Chinese learn from Western mistakes

Worries that the Chinese property boom could be about to go pop are mitigated by the fact the government there is placing what seem to be sensible limits on mortgages and investment


The government has placed limits on mortgages by restricting lending on a borrower’s first property to a maximum of 70% LTV. On the second purchase this falls to 50% LTV. And the interest rate on these mortgages must be set at least 1.1% above the central bank base rate, currently running at around 6%. Should investors want to purchase a third property rates are significantly higher, with an outright ban on purchasing third properties in Beijing.

The Chinese government believes these measures will cool the market without damaging it in the short to medium term.

It all sounds eminently sensible and is an example of where a combination of state intervention and free markets can work together.

Perhaps it could even provide a valid alternative to the ’let the market decide’ mentality that has led to boom and bust cycles for us. It certainly seems that China is learning from mistakes of the past in the West.

Muddled verdict could be a clear benefit for the country

At the time of writing, the Conservative-Liberal Democrat coalition government has just been announced and we are yet to see the details.

As someone who has always been a staunch supporter of the Tories I was initially sceptical but am rapidly coming to the conclusion that this move is genius.

Unelected former Prime Minister Gordon Brown finally conceded and resigned, faced with nothing but a fractured party, having clung to power for almost three years like a desperate man to a lifeboat. The country sunk his lifeboat and made the decision for him – and not before time.

Of course, the problem was that although with 11 million votes the Tories were the most popular party, Labour still managed to get nine million despite the damage it has done to the country in its 13 years in power, while the Lib Dems managed a respectable seven million.

So the message from the electorate was clear – we don’t think any of you can be trusted. That’s why the Conservatives have formed a coalition with the Lib Dems to create a meaningful government.

I already considered Tory leader David Cameron to be strong but he has demonstrated great foresight in going further than many thought he would in forming a coalition government.

The benefit to the country is to bring the right closer to the centre, which is where most of the public want their politicians to be.
But how will this affect our industry and country?
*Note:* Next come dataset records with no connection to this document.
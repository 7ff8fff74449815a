-- ===== src/Tunnel/LocalRequest/ResponseHeaders.antt =====
-- internal/tunnel/http_stream.go: `responseHeaders`. The iteration over the header map of a response is a list in the
-- order that the map gives.
use tuzy.Shared.{ℕ, Bool, ◌||◌, List, [], ◌∷◌, ◌++◌, ◌==◌, map, same_bytes, if◌then◌else◌}
use tuzy.Protocol.{Bytes}
use tuzy.Tunnel.CloseReason.{ascii_bytes}
use tuzy.Tunnel.LocalRequest.{HeaderLine, HttpLib, is_one_of, hop_by_hop}

-- `http.Header`: the values of each key.
abbrev pub HeaderMap : Type 0
HeaderMap = List (Bytes × List Bytes)

-- `http.Header.Values` of a canonical key.
unfoldable pub values : Bytes → HeaderMap → List Bytes
values key [] = []
values key ((k, vs) ∷ h) = let rest = values key h in if same_bytes k key then vs else rest

-- `strings.Split(v, ",")`, from the back: the first piece grows.
abbrev pub comma : ℕ
comma = 44

abbrev pub onto_piece : ℕ → List Bytes → List Bytes
onto_piece b [] = (b ∷ []) ∷ []
onto_piece b (p ∷ ps) = (b ∷ p) ∷ ps

unfoldable pub split_commas : Bytes → List Bytes
split_commas [] = [] ∷ []
split_commas (b ∷ bs) =
    let rest = split_commas bs in if b == comma then [] ∷ rest else onto_piece b rest

-- The names that `Connection` lists.
unfoldable pub listed_in : HttpLib → List Bytes → List Bytes
unfolding split_commas
listed_in lib [] = []
listed_in lib (v ∷ vs) =
    map (λ t. lib.lower (lib.trim_space t)) (split_commas v) ++ listed_in lib vs

unfoldable pub is_dropped : HttpLib → List Bytes → Bytes → Bool
is_dropped lib listed name =
    is_one_of (lib.lower name) hop_by_hop || is_one_of (lib.lower name) listed

unfoldable pub lines_of : Bytes → List Bytes → List HeaderLine
lines_of name vs = map (λ v. (name, v)) vs

unfoldable pub forward : HttpLib → List Bytes → HeaderMap → List HeaderLine
unfolding is_dropped lines_of
forward lib listed [] = []
forward lib listed ((name, vs) ∷ h) =
    let rest = forward lib listed h in
    if is_dropped lib listed name then rest else lines_of name vs ++ rest

unfoldable pub response_headers : HttpLib → HeaderMap → List HeaderLine
unfolding values listed_in forward
response_headers lib h = forward lib (listed_in lib (values (ascii_bytes "Connection") h)) h
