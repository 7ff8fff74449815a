-- ===== src/Tunnel/LocalRequest/Listed.antt =====
-- `responseHeaders`: which names it drops.
use tuzy.Shared.{
  ◌≡◌, refl, ap, subst, ◌∙◌, inl, inr, Bool, true, false, ◌||◌, Bool-cases, List, [], ◌∷◌, map,
  same_bytes, same_bytes→≡, same_bytes_refl,
}
use mathlib.Core.List.{Memᴰ}
use mathlib.Core.List.Memᴰ.{head, tail, append_left, append_right, append_cases}
use tuzy.Protocol.{Bytes}
use tuzy.Tunnel.LocalRequest.{HttpLib, is_one_of, hop_by_hop}
use tuzy.Tunnel.LocalRequest.ResponseHeaders.{split_commas, listed_in, is_dropped}

-- A value of Connection has the name among its parts, which commas part and white space may surround.
abbrev pub IsListed : HttpLib → List Bytes → Bytes → Type 0
IsListed lib ws n =
    (w : Bytes) × (t : Bytes) × Memᴰ w ws
    × Memᴰ t (split_commas w)
    × (n ≡ lib.lower (lib.trim_space t))

is_one_of-Mem : (b : Bytes) (ns : List Bytes) → is_one_of b ns ≡ true → Memᴰ b ns
is_one_of-Mem b [] e = absurd (cc)
is_one_of-Mem b (n ∷ ns) e = elim (Bool-cases (same_bytes b n)) [
  | inl h ↦ head (same_bytes→≡ b n h)
  | inr h ↦ tail (is_one_of-Mem b ns (rw h at e))
]

Mem-is_one_of : (b : Bytes) (ns : List Bytes) → Memᴰ b ns → is_one_of b ns ≡ true
Mem-is_one_of b [] m = elim m [ ]
Mem-is_one_of b (n ∷ ns) (head e) =
    rw (subst (λ x. same_bytes b x ≡ true) e (same_bytes_refl b)) refl
Mem-is_one_of b (n ∷ ns) (tail m) = or_true (same_bytes b n) (is_one_of b ns) (Mem-is_one_of b ns m)
  where
    or_true : (a b : Bool) → b ≡ true → (a || b) ≡ true
    or_true true b e = refl
    or_true false b e = e

map-Mem :
    (f : Bytes → Bytes) (n : Bytes) (ts : List Bytes)
    → Memᴰ n (map f ts)
    → (t : Bytes) × Memᴰ t ts × (n ≡ f t)
map-Mem f n [] m = elim m [ ]
map-Mem f n (t ∷ ts) (head e) = (t, head refl, e)
map-Mem f n (t ∷ ts) (tail m) = let (u, k, e) = map-Mem f n ts m in (u, tail k, e)

Mem-map :
    (f : Bytes → Bytes) (n t : Bytes) (ts : List Bytes) → Memᴰ t ts → n ≡ f t → Memᴰ n (map f ts)
Mem-map f n t [] m e = elim m [ ]
Mem-map f n t (u ∷ ts) (head h) e = head (e ∙ ap f h)
Mem-map f n t (u ∷ ts) (tail m) e = tail (Mem-map f n t ts m e)

module _ (lib : HttpLib) where
  abbrev token : Bytes → Bytes
  token t = lib.lower (lib.trim_space t)

  listed_in-IsListed : (ws : List Bytes) (n : Bytes) → Memᴰ n (listed_in lib ws) → IsListed lib ws n
  unfolding listed_in
  listed_in-IsListed [] n m = elim m [ ]
  listed_in-IsListed (w ∷ ws) n m = elim (append_cases (map token (split_commas w)) m) [
    | inl own ↦ let (t, k, e) = map-Mem token n (split_commas w) own in (w, t, head refl, k, e)
    | inr old ↦ let (v, t, k, l, e) = listed_in-IsListed ws n old in (v, t, tail k, l, e)
  ]

  IsListed-listed_in :
      (ws : List Bytes) (n w t : Bytes)
      → Memᴰ w ws
      → Memᴰ t (split_commas w)
      → n ≡ token t
      → Memᴰ n (listed_in lib ws)
  unfolding listed_in
  IsListed-listed_in [] n w t m k e = elim m [ ]
  IsListed-listed_in (v ∷ ws) n w t (head h) k e =
      append_left (listed_in lib ws)
        (Mem-map token n t (split_commas v) (subst (λ x. Memᴰ t (split_commas x)) h k) e)
  IsListed-listed_in (v ∷ ws) n w t (tail m) k e =
      append_right (map token (split_commas v)) (IsListed-listed_in ws n w t m k e)

-- The name is neither one of those for one hop nor listed in Connection.
abbrev pub IsEndToEnd : HttpLib → List Bytes → Bytes → Type 0
IsEndToEnd lib ws name =
    (¬ (Memᴰ (lib.lower name) hop_by_hop)) × (¬ (IsListed lib ws (lib.lower name)))

neither : (a b : Bool) → (a || b) ≡ false → (a ≡ false) × (b ≡ false)
neither true b e = absurd (cc)
neither false b e = (refl, e)

both_not : (a b : Bool) → a ≡ false → b ≡ false → (a || b) ≡ false
both_not a b e f = cc

clash : {b : Bool} → b ≡ true → b ≡ false → ⊥
clash e f = cc

no_member : (b : Bytes) (ns : List Bytes) → ¬ (Memᴰ b ns) → is_one_of b ns ≡ false
no_member b ns n = elim (Bool-cases (is_one_of b ns)) [
  | inl h ↦ absurd (n (is_one_of-Mem b ns h))
  | inr h ↦ h
]

pub kept-IsEndToEnd :
    (lib : HttpLib) (ws : List Bytes) (name : Bytes)
    → is_dropped lib (listed_in lib ws) name ≡ false
    → IsEndToEnd lib ws name
unfolding is_dropped
kept-IsEndToEnd lib ws name e =
    let n : Bytes = lib.lower name in
    let (hop, listed) = neither (is_one_of n hop_by_hop) (is_one_of n (listed_in lib ws)) e in
    (
      λ m. clash (Mem-is_one_of n hop_by_hop m) hop,
      λ l.
          let (w, t, k, m, e) = l in
          clash (Mem-is_one_of n (listed_in lib ws) (IsListed-listed_in lib ws n w t k m e)) listed,
    )

pub IsEndToEnd-kept :
    (lib : HttpLib) (ws : List Bytes) (name : Bytes)
    → IsEndToEnd lib ws name
    → is_dropped lib (listed_in lib ws) name ≡ false
unfolding is_dropped
IsEndToEnd-kept lib ws name (hop, listed) =
    let n : Bytes = lib.lower name in
    both_not (is_one_of n hop_by_hop) (is_one_of n (listed_in lib ws)) (no_member n hop_by_hop hop)
      (no_member n (listed_in lib ws) (λ m. listed (listed_in-IsListed lib ws n m)))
Well, the Tory manifesto aim to lift the Inheritance Tax threshold to £1m has been scrapped and its pledge to move banking regulation to the Bank of England is also in doubt. The Lib Dem cornerstone of fairness is one that easily fits into the Tory ethos, while the increase in Stamp Duty mooted by the Lib Dems on properties over £1m has been kicked into the long grass.

And both parties agree on electoral reform, it’s just the format that needs to be agreed. Interestingly, they seem to agree on many policies, and it’s good that no party will have an outright majority like Labour did in 1997.

This should act as a sense check on big policy decisions rather than the nod-through approach of the Labour government.

So on balance, this a great outcome. We have a progressive young government with appropriate checks and balances, and a significant mandate to sort out the mess.